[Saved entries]
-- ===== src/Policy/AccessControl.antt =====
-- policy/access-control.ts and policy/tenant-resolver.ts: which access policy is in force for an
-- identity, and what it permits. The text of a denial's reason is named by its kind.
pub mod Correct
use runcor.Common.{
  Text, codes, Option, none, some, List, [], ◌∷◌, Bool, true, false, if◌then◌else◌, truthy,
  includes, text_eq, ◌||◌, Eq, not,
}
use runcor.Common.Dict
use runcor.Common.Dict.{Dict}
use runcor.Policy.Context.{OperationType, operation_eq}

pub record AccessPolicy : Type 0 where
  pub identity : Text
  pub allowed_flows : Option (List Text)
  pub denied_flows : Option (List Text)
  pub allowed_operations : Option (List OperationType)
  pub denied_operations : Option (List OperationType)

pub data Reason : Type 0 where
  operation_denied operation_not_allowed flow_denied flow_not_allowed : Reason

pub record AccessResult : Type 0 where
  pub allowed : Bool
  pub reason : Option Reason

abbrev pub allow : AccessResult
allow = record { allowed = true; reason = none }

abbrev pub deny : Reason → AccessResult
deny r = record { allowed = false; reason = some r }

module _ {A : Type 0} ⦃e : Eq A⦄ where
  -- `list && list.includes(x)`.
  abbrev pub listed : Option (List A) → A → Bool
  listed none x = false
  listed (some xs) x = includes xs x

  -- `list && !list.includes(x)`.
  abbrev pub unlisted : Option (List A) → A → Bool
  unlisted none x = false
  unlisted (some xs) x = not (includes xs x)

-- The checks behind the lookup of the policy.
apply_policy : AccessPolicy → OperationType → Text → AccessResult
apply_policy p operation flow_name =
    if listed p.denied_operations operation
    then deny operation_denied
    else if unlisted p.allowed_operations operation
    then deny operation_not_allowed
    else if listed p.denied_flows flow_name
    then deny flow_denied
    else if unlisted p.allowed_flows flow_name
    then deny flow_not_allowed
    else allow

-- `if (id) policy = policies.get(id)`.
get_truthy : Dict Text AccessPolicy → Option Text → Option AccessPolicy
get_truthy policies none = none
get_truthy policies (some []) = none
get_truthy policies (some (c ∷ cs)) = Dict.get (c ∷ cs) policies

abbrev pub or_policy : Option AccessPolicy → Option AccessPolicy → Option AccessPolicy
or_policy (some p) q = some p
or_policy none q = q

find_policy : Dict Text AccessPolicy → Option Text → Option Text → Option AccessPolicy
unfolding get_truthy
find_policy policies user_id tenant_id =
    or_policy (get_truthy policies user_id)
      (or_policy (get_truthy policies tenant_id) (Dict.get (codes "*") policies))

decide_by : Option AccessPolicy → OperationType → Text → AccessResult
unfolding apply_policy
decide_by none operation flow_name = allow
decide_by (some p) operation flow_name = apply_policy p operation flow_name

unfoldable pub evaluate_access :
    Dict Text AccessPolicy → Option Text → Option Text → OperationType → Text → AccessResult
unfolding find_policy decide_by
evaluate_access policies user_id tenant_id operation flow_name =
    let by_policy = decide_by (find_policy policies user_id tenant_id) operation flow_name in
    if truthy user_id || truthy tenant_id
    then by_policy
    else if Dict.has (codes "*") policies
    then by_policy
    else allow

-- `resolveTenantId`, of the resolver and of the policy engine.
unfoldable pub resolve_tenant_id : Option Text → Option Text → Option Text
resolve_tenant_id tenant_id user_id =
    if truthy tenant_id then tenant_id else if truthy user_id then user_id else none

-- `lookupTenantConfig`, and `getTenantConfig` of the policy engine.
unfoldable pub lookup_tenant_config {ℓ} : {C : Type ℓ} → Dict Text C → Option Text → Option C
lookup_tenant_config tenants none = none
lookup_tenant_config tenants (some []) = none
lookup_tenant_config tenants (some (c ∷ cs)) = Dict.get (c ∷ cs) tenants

---

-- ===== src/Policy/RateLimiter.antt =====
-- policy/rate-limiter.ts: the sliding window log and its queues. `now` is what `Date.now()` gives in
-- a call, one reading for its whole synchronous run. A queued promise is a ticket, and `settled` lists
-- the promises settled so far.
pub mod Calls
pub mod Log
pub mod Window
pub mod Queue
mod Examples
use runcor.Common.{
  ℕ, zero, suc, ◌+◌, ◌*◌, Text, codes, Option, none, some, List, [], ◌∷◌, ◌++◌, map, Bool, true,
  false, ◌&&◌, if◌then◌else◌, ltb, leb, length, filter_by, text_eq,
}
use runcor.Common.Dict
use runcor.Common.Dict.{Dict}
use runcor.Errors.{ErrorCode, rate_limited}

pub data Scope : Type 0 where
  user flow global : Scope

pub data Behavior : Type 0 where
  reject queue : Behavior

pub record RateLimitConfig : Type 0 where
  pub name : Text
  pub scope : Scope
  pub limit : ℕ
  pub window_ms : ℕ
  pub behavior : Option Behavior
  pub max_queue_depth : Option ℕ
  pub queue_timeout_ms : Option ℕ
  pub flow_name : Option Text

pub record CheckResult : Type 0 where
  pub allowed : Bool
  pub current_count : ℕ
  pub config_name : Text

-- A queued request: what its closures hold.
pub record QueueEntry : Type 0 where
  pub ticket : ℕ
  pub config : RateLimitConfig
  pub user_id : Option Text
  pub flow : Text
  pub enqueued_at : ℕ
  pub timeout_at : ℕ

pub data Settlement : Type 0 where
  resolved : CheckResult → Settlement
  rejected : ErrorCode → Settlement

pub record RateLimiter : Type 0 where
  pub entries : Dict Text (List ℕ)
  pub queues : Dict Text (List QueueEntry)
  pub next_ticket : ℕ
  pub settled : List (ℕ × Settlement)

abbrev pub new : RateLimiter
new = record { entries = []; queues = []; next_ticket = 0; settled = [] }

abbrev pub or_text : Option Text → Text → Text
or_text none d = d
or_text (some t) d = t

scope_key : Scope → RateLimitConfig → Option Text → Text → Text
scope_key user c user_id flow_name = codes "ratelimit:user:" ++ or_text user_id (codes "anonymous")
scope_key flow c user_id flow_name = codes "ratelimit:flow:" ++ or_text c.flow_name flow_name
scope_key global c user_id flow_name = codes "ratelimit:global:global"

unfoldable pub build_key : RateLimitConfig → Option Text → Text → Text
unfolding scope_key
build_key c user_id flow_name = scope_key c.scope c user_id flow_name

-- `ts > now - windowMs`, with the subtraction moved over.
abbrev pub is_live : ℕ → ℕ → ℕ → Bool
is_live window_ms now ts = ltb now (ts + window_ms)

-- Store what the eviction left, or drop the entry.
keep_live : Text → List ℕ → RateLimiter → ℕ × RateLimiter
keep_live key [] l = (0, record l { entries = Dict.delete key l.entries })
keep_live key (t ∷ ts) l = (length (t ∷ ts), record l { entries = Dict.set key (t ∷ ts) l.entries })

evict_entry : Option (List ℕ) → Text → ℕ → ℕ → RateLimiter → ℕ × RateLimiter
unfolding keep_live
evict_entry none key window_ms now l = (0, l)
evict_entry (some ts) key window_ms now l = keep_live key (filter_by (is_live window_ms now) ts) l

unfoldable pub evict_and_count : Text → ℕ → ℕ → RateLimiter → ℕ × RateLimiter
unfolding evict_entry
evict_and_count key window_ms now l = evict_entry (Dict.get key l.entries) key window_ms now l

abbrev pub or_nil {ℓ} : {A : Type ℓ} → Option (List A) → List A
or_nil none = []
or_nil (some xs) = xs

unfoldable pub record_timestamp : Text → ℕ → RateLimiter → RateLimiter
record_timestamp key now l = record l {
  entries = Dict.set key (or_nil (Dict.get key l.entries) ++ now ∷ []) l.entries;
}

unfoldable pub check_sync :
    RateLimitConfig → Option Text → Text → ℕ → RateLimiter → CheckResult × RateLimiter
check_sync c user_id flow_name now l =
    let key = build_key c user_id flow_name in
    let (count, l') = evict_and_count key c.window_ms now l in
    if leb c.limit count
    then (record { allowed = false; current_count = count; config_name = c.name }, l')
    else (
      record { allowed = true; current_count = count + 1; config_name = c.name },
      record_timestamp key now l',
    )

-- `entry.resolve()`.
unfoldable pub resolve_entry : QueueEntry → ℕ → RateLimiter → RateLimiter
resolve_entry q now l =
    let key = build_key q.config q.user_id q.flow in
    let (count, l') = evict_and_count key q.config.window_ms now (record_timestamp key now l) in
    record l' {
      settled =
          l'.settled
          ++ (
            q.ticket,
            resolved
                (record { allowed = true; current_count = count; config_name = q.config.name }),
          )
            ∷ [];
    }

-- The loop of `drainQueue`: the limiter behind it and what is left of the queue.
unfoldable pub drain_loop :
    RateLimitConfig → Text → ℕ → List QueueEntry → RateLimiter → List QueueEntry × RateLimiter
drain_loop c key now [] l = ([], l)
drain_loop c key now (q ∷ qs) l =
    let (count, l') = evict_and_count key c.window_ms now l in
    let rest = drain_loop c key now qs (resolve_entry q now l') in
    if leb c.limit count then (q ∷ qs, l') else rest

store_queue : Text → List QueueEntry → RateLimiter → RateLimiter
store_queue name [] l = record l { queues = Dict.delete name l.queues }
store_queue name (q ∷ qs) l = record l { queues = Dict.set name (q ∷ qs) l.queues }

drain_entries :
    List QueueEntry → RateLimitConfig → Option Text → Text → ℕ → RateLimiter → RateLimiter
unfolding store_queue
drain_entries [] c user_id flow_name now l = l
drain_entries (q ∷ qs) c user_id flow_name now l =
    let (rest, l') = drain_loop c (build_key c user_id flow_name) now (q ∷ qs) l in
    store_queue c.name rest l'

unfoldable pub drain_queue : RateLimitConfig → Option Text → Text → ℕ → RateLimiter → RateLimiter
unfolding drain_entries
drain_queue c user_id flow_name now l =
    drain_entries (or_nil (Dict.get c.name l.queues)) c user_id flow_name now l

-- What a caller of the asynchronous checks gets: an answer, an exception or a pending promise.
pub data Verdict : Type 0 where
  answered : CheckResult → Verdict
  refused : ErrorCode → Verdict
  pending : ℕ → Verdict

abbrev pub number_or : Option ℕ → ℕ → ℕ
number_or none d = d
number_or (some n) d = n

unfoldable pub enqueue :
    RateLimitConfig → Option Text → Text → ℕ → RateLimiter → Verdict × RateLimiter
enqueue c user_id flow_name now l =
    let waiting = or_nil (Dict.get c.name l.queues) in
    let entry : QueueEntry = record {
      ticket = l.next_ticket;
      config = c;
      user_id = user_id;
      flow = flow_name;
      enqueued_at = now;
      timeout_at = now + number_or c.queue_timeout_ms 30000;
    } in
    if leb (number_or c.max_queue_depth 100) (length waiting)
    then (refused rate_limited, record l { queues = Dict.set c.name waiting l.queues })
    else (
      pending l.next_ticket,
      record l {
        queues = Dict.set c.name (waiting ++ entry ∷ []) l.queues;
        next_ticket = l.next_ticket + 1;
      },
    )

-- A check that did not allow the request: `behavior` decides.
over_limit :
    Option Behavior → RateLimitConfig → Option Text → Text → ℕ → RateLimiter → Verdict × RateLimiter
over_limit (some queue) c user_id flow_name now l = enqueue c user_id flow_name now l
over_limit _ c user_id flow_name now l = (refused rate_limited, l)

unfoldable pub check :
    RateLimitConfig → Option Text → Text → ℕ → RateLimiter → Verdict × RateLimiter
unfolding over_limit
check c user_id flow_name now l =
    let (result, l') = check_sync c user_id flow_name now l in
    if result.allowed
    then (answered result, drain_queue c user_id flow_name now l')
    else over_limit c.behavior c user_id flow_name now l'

> _Your assignment_
Locate the word "AccessPolicy" in the records above, and return each line that has it.

> _Response for this exercise_
pub record AccessPolicy : Type 0 where
apply_policy : AccessPolicy → OperationType → Text → AccessResult
get_truthy : Dict Text AccessPolicy → Option Text → Option AccessPolicy
abbrev pub or_policy : Option AccessPolicy → Option AccessPolicy → Option AccessPolicy
find_policy : Dict Text AccessPolicy → Option Text → Option Text → Option AccessPolicy
decide_by : Option AccessPolicy → OperationType → Text → AccessResult
    Dict Text AccessPolicy → Option Text → Option Text → OperationType → Text → AccessResult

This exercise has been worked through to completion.